Chroma Indexing and RAG Examples
Last Updated: July 8, 2025
Install dependencies
# Install the Chroma integration, Haystack will come as a dependency
!pip install -U chroma-haystack "huggingface_hub>=0.22.0"
Indexing Pipeline: preprocess, split and index documents
In this section, we will index documents into a Chroma DB collection by building a Haystack indexing pipeline. Here, we are indexing documents from the
VIM User Manuel into the Haystack
ChromaDocumentStore
.
We have the .txt
files for these pages in the examples folder for the ChromaDocumentStore
, so we are using the
TextFileToDocument
and
DocumentWriter
components to build this indexing pipeline.
# Fetch data files from the Github repo
!curl -sL https://github.com/deepset-ai/haystack-core-integrations/tarball/main -o main.tar
!mkdir main
!tar xf main.tar -C main --strip-components 1
!mv main/integrations/chroma/example/data .
mkdir: main: File exists
mv: rename main/integrations/chroma/example/data to ./data: Directory not empty
import os
from pathlib import Path
from haystack import Pipeline
from haystack.components.converters import TextFileToDocument
from haystack.components.writers import DocumentWriter
from haystack_integrations.document_stores.chroma import ChromaDocumentStore
file_paths = ["data" / Path(name) for name in os.listdir("data")]
# Chroma is used in-memory so we use the same instances in the two pipelines below
document_store = ChromaDocumentStore()
indexing = Pipeline()
indexing.add_component("converter", TextFileToDocument())

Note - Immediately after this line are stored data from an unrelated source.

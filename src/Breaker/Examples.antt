-- ===== src/Breaker/Examples.antt =====
-- crates/moaray/src/breaker.rs on the inputs of its unit tests.
use moaray.Base.{◌≤◌, ◌≡◌, refl, true, false, some, List, [], ◌∷◌, arith}
use moaray.Base.Result.{ok, err}
use moaray.Config.Runtime.{BreakerConfig}
use moaray.Core.Error.{circuit_open}
use moaray.Breaker.{open_, half_open, normal, probe, Breaker, new, check_at, on_failure_at}
use moaray.Breaker.Invariant.{
  InRange, IsValid, Op, check, success, failure, release, step, new-IsValid, step-IsValid,
}
use moaray.Breaker.Trips.{fail_all, fail_all-trips, run, run-fails_fast}
use moaray.Breaker.Recovery.{succeed_all, succeed_all-recovers}
use moaray.Breaker.Probes.{System, start, Reach, here, next, admit_normal, single_probe}

abbrev cfg : BreakerConfig
cfg = record { failure_threshold = 3; open_ms = 1000; half_open_successes = 2 }

cfg-InRange : InRange cfg
cfg-InRange = record { failures = omega arith; successes = omega arith }

abbrev tripped : Breaker
tripped = record {
  cfg = cfg;
  state = open_;
  consecutive_failures = 3;
  consecutive_successes = 0;
  opened_at = some 7;
  probe_in_flight = false;
}

tripped-IsValid : IsValid tripped
tripped-IsValid = ground (arith, cfg-InRange)

abbrev probing : Breaker
probing = record tripped { state = half_open; probe_in_flight = true }

step-IsValid_example : IsValid (step (new cfg) (failure 5 normal))
step-IsValid_example = step-IsValid (new cfg) (failure 5 normal) (new-IsValid cfg cfg-InRange)

opens_after_threshold_failures : fail_all (new cfg) (5 ∷ 6 ∷ 7 ∷ []) ≡ tripped
unfolding fail_all new on_failure_at
opens_after_threshold_failures = refl

fail_all-trips_example :
    (fail_all (new cfg) (5 ∷ 6 ∷ []) ≡ record (new cfg) { consecutive_failures = 2 })
    × (fail_all (new cfg) (5 ∷ 6 ∷ 7 ∷ []) ≡ tripped)
unfolding new
fail_all-trips_example =
    fail_all-trips (new cfg) (5 ∷ 6 ∷ []) 7 (new-IsValid cfg cfg-InRange) refl (omega arith)

abbrev late : List Op
late = failure 900 normal ∷ check 1000 ∷ release ∷ success 2000 normal ∷ []

run-fails_fast_example :
    ((run tripped late).state ≡ open_)
    × (check_at (run tripped late) 3000 ≡ (run tripped late, err circuit_open))
run-fails_fast_example =
    run-fails_fast tripped late 7 3000 refl refl (omega arith) (omega arith) (omega arith)

succeed_all-recovers_example :
    ((check_at tripped 2000000000).1 ≡ ok probe)
    × (succeed_all tripped (2000000000 ∷ 2000000001 ∷ []) ≡ new cfg)
unfolding new
succeed_all-recovers_example =
    succeed_all-recovers tripped 7 2000000000 (2000000001 ∷ []) tripped-IsValid refl
      (refl, omega arith) (omega arith)

abbrev one_call : System
one_call = record { breaker = new cfg; normals = 1; probes = 0 }

one_call-Reach : Reach (start cfg) one_call
unfolding new check_at
one_call-Reach = next here (admit_normal 5 refl)

single_probe_example :
    (one_call.probes ≤ 1)
    × (1 ≤ one_call.probes
        → (one_call.breaker.state ≡ half_open) × (one_call.breaker.probe_in_flight ≡ true))
single_probe_example = single_probe cfg one_call one_call-Reach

indexing.add_component("writer", DocumentWriter(document_store))
indexing.connect("converter", "writer")
indexing.run({"converter": {"sources": file_paths}})
{'writer': {'documents_written': 36}}
Query Pipeline: build retrieval-augmented generation (RAG) pipelines
Once we have documents in the ChromaDocumentStore
, we can use the accompanying Chroma retrievers to build a query pipeline. The query pipeline below is a simple retrieval-augmented generation (RAG) pipeline that uses Chroma’s
query API.
You can change the indexing pipeline and query pipelines here for embedding search by using one of the
Haystack Embedders
accompanied by the ChromaEmbeddingRetriever
.
In this example we are using:
- The
OpenAIChatGenerator
withgpt-4o-mini
. (You will need a OpenAI API key to use this model). You can replace this with any of the otherGenerators
- The
ChatPromptBuilder
which holds the prompt template. You can adjust this to a prompt of your choice - The
ChromaQueryTextRetriver
which expects a list of queries and retieves thetop_k
most relevant documents from your Chroma collection.
import os
from getpass import getpass
os.environ["OPENAI_API_KEY"] = getpass("Enter OpenAI API key:")
Enter OpenAI API key: ········
from haystack_integrations.components.retrievers.chroma import ChromaQueryTextRetriever
from haystack.components.generators.chat import OpenAIChatGenerator
from haystack.components.builders import ChatPromptBuilder
from haystack.dataclasses.chat_message import ChatMessage
prompt = """
Answer the query based on the provided context.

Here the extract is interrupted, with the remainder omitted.